# TiVo's Android app: Updated 10/7/2018



## Razzer (Nov 5, 2015)

Version 4.1.0-1167450 now in Google Playstore is the first update in as long as I can recall. Just two of the pain points it fixes are:

The pause/play toggle is now large enough to respond easily to a single tap (unlike previous, which used a miniature button situated too close to the progress bar, difficult to trigger)

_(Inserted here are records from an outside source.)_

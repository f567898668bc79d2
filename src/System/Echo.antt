-- ===== src/System/Echo.antt =====
-- The echo reply of processIPv4ICMP in stack_system.go.
use sing_tun.Base.{
  ℕ, ◌+◌, ◌-◌, ◌≤◌, ◌≡◌, refl, ap, ◌∙◌, sym, false, some, List, [], ◌∷◌, length, drop, arith, All,
  take_all, length-drop,
}
use sing_tun.Base.Bytes.{
  patch, window, number, bytes16, bytes32, get8, slice_total, length-patch, drop-patch,
  window-patch_self, window-patch_before, window-patch_after, All-patch,
}
use sing_tun.Checksum.Ones.{canon, word_sum}
use sing_tun.Checksum.Words.{IsByte}
use sing_tun.Checksum.Header.{checksum, complement}
use sing_tun.Checksum.Header.Update.{fold_in}
use sing_tun.Header.{
  header_length, source_addr, destination_addr, set_source_addr, set_destination_addr,
  icmpv4_checksum, set_icmp_checksum,
}
use sing_tun.Header.Fields.{get32_total, put-some, length-window, number_lt32}
use sing_tun.Header.Update.{window-IsByte, bytes16-IsByte, bytes32-IsByte}
use sing_tun.Header.Parts.{header_length_front}
use sing_tun.Header.Seal.{sealed, ip_sealed}
use sing_tun.System.{Packet}
use sing_tun.System.Sealed.{HeaderValid, address_eq}
use sing_tun.System.Icmp.{echo_reply}

-- An ICMP message in an IPv4 packet, with the header's own length.
pub record IsIcmpPacket (p : Packet) : Type 0 where
  pub header_bytes : All IsByte p.header
  pub payload_bytes : All IsByte p.payload
  pub header_room : 20 ≤ length p.header
  pub header_eq : header_length p.header ≡ some (length p.header)
  pub payload_room : 4 ≤ length p.payload

-- An ICMP message whose checksum is right.
abbrev pub IcmpValid : List ℕ → Type 0
IcmpValid b = checksum false 0 b 0 ≡ 65535

-- `q` answers `p`.
pub record IsEcho (p q : Packet) : Type 0 where
  pub source : source_addr q.header ≡ destination_addr p.header
  pub destination : destination_addr q.header ≡ source_addr p.header
  pub kind : get8 q.payload 0 ≡ some 0
  pub code : get8 q.payload 1 ≡ get8 p.payload 1
  pub message : drop 4 q.payload ≡ drop 4 p.payload
  pub front : window q.header 0 10 ≡ window p.header 0 10
  pub options : drop 20 q.header ≡ drop 20 p.header
  pub trailer : q.trailer ≡ p.trailer
  pub header_valid : HeaderValid q
  pub icmp_valid : IcmpValid q.payload

icmp_sealed :
    (b : List ℕ)
    → 4 ≤ length b
    → All IsByte b
    → (c : ℕ) × (icmpv4_checksum b 0 ≡ some (complement c))
      × (set_icmp_checksum b (complement c) ≡ some (patch b 2 (bytes16 (complement c))))
      × IcmpValid (patch b 2 (bytes16 (complement c)))
unfolding icmpv4_checksum set_icmp_checksum
icmp_sealed b h hb =
    let front = window b 0 2 in
    let back = window b 4 (length b - 4) in
    let back_eq : back ≡ drop 4 b =
      take_all (length b - 4) (drop 4 b) (omega (arith, length-drop 4 b)) in
    let c = checksum false 0 back (checksum false 0 front 0) in
    (
      c,
      rw
          (
            slice_total b 0 2 (omega arith) (omega arith),
            slice_total b 4 (length b) (omega arith) (omega arith),
          )
          refl,
      put-some b 2 (bytes16 (complement c)) (omega arith),
      fold_in (patch b 2 (bytes16 (complement c))) 0 0
            (All-patch IsByte b 2 _ hb (bytes16-IsByte (complement c))) (unfold canon in refl)
          ∙ sealed 2 0 b c refl (omega arith) (
              fold_in back _ _ (window-IsByte b 4 _ hb)
                (fold_in front 0 0 (window-IsByte b 0 2 hb) (unfold canon in refl))
              ∙ ap (λ (x : List ℕ). canon (0 + word_sum false front + word_sum false x)) back_eq),
    )

-- The bytes of a request that its reply changes.
pub echo_bytes :
    (kind : ℕ) (b : List ℕ) (v : ℕ)
    → 4 ≤ length b
    → let r = patch (patch b 0 (kind ∷ [])) 2 (bytes16 v) in
      (get8 r 0 ≡ some kind) × (get8 r 1 ≡ get8 b 1) × (drop 4 r ≡ drop 4 b)
unfolding get8
echo_bytes kind (x ∷ y ∷ z ∷ w ∷ b) v h = (refl, refl, refl)
echo_bytes kind [] v h = absurd (omega arith)
echo_bytes kind (x ∷ []) v h = absurd (omega arith)
echo_bytes kind (x ∷ y ∷ []) v h = absurd (omega arith)
echo_bytes kind (x ∷ y ∷ z ∷ []) v h = absurd (omega arith)

-- The header of the reply before its checksum: the addresses `dst` and `src` swapped.
record Swapped (h : List ℕ) (src dst : ℕ) (r : List ℕ) : Type 0 where
  same_length : length r ≡ length h
  all_bytes : All IsByte r
  front : window r 0 10 ≡ window h 0 10
  options : drop 20 r ≡ drop 20 h
  src_eq : window r 12 4 ≡ bytes32 dst
  dst_eq : window r 16 4 ≡ bytes32 src

swapped :
    (h : List ℕ) (src dst : ℕ)
    → 20 ≤ length h
    → All IsByte h
    → Swapped h src dst (patch (patch h 12 (bytes32 dst)) 16 (bytes32 src))
swapped h src dst room hb =
    let h1 = patch h 12 (bytes32 dst) in
    let same = length-patch h 12 (bytes32 dst) in
    record {
      same_length = length-patch h1 16 _ ∙ same;
      all_bytes =
          All-patch IsByte h1 16 _ (All-patch IsByte h 12 _ hb (bytes32-IsByte dst))
            (bytes32-IsByte src);
      front =
          window-patch_before h1 16 0 10 _ (omega arith)
          ∙ window-patch_before h 12 0 10 _ (omega arith);
      options = drop-patch 20 h1 16 _ (omega arith) ∙ drop-patch 20 h 12 _ (omega arith);
      src_eq =
          window-patch_before h1 16 12 4 _ (omega arith)
          ∙ window-patch_self h 12 4 (bytes32 dst) (omega arith) refl;
      dst_eq = window-patch_self h1 16 4 (bytes32 src) (omega (arith, same)) refl;
    }

-- The answer to an echo request swaps its addresses, has type 0 and the request's message, and both
-- of its checksums are right, whatever those of the request were.
pub echo_reply_lem :
    (p : Packet) → IsIcmpPacket p → (q : Packet) × (echo_reply p ≡ some q) × IsEcho p q
unfolding echo_reply source_addr destination_addr set_source_addr set_destination_addr
echo_reply_lem p t =
    let h = p.header in
    let src = number 0 (window h 12 4) in
    let dst = number 0 (window h 16 4) in
    let src_room : 12 + 4 ≤ length h = omega (arith, t.header_room) in
    let src_fits =
      number_lt32 (window h 12 4) (length-window h 12 4 src_room)
        (window-IsByte h 12 4 t.header_bytes) in
    let dst_fits =
      number_lt32 (window h 16 4) (length-window h 16 4 t.header_room)
        (window-IsByte h 16 4 t.header_bytes) in
    let h1 = patch h 12 (bytes32 dst) in
    let h2 = patch h1 16 (bytes32 src) in
    let w = swapped h src dst t.header_room t.header_bytes in
    let icmp = patch p.payload 0 (0 ∷ []) in
    let icmp_length = length-patch p.payload 0 (0 ∷ []) in
    let (m, m_made, m_written, m_valid) =
      icmp_sealed icmp (omega (arith, icmp_length, t.payload_room))
        (All-patch IsByte p.payload 0 (0 ∷ []) t.payload_bytes (omega arith, tt)) in
    let (c, made, written, valid) =
      ip_sealed h2 (omega (arith, w.same_length, t.header_room)) w.all_bytes (
        header_length_front 9 h h2 (omega (arith, t.header_room)) w.front
        ∙ t.header_eq
        ∙ ap some (sym w.same_length)) in
    let h3 = patch h2 10 (bytes16 (complement c)) in
    let h3_length = length-patch h2 10 (bytes16 (complement c)) ∙ w.same_length in
    let icmp' = patch icmp 2 (bytes16 (complement m)) in
    let bytes_eq = echo_bytes 0 p.payload (complement m) t.payload_room in
    (
      record p { header = h3; payload = icmp' },
      rw
          (
            put-some p.payload 0 (0 ∷ []) (omega (arith, t.payload_room)),
            get32_total h 12 src_room,
            get32_total h 16 t.header_room,
            put-some h 12 (bytes32 dst) src_room,
            put-some h1 16 (bytes32 src)
                (omega (arith, length-patch h 12 (bytes32 dst), t.header_room)),
            m_made,
            m_written,
            made,
            written,
          )
          refl,
      record {
        source =
            address_eq h3 12 dst (omega (arith, h3_length, t.header_room)) dst_fits
              (window-patch_after h2 10 12 4 _ (omega arith) ∙ w.src_eq)
            ∙ sym (get32_total h 16 t.header_room);
        destination =
            address_eq h3 16 src (omega (arith, h3_length, t.header_room)) src_fits
              (window-patch_after h2 10 16 4 _ (omega arith) ∙ w.dst_eq)
            ∙ sym (get32_total h 12 src_room);
        kind = bytes_eq.0;
        code = bytes_eq.1;
        message = bytes_eq.2;
        front = window-patch_before h2 10 0 10 _ (omega arith) ∙ w.front;
        options = drop-patch 20 h2 10 _ (omega arith) ∙ w.options;
        trailer = refl;
        header_valid =
            fold_in h3 0 0 (All-patch IsByte h2 10 _ w.all_bytes (bytes16-IsByte _))
              (unfold canon in refl)
            ∙ valid;
        icmp_valid = m_valid;
      },
    )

It supports Android running on Intel, an uncommon build but if you have one, you may be amazed to find you can stream again using a TiVo app.

Stuff to celebrate.


----------



## elorimer (Jan 1, 2012)

Yay! The app now works on my Asus Chromebooks--a C300 and a C302.


----------



## rdrrepair (Nov 24, 2006)

Thanks for the heads up. I've upgraded my app. Seems very stable._*

WHAT'S NEW
- New TiVo Experience
- Support for Android O
- Head to head images for sports
- Improved My shows experience with category filters
- New Recording Activity feature to see why a particular show was not recorded
- Improved video playback experience
- Control streaming quality when in-home or out-of-home via newly added settings
- Introducing back broadband test which now suggests video quality for your network
- Streaming reliability improvements
- General bug fixes*_


----------



## tomhorsley (Jul 22, 2010)

I don't suppose they added support for commercial skip?


----------



## moonscape (Jul 3, 2004)

Well - this is an unfortunate update for me because I have vision issues and I am having a difficult time seeing the small white text on black background (black on white would be so much easier) and why such a small font? I use it on an iPad - both 12.9" Pro and 9.7" Air ... have trouble with both of them. Pinching out doesn't work nor does 3-finger tap (becomes unusably massive).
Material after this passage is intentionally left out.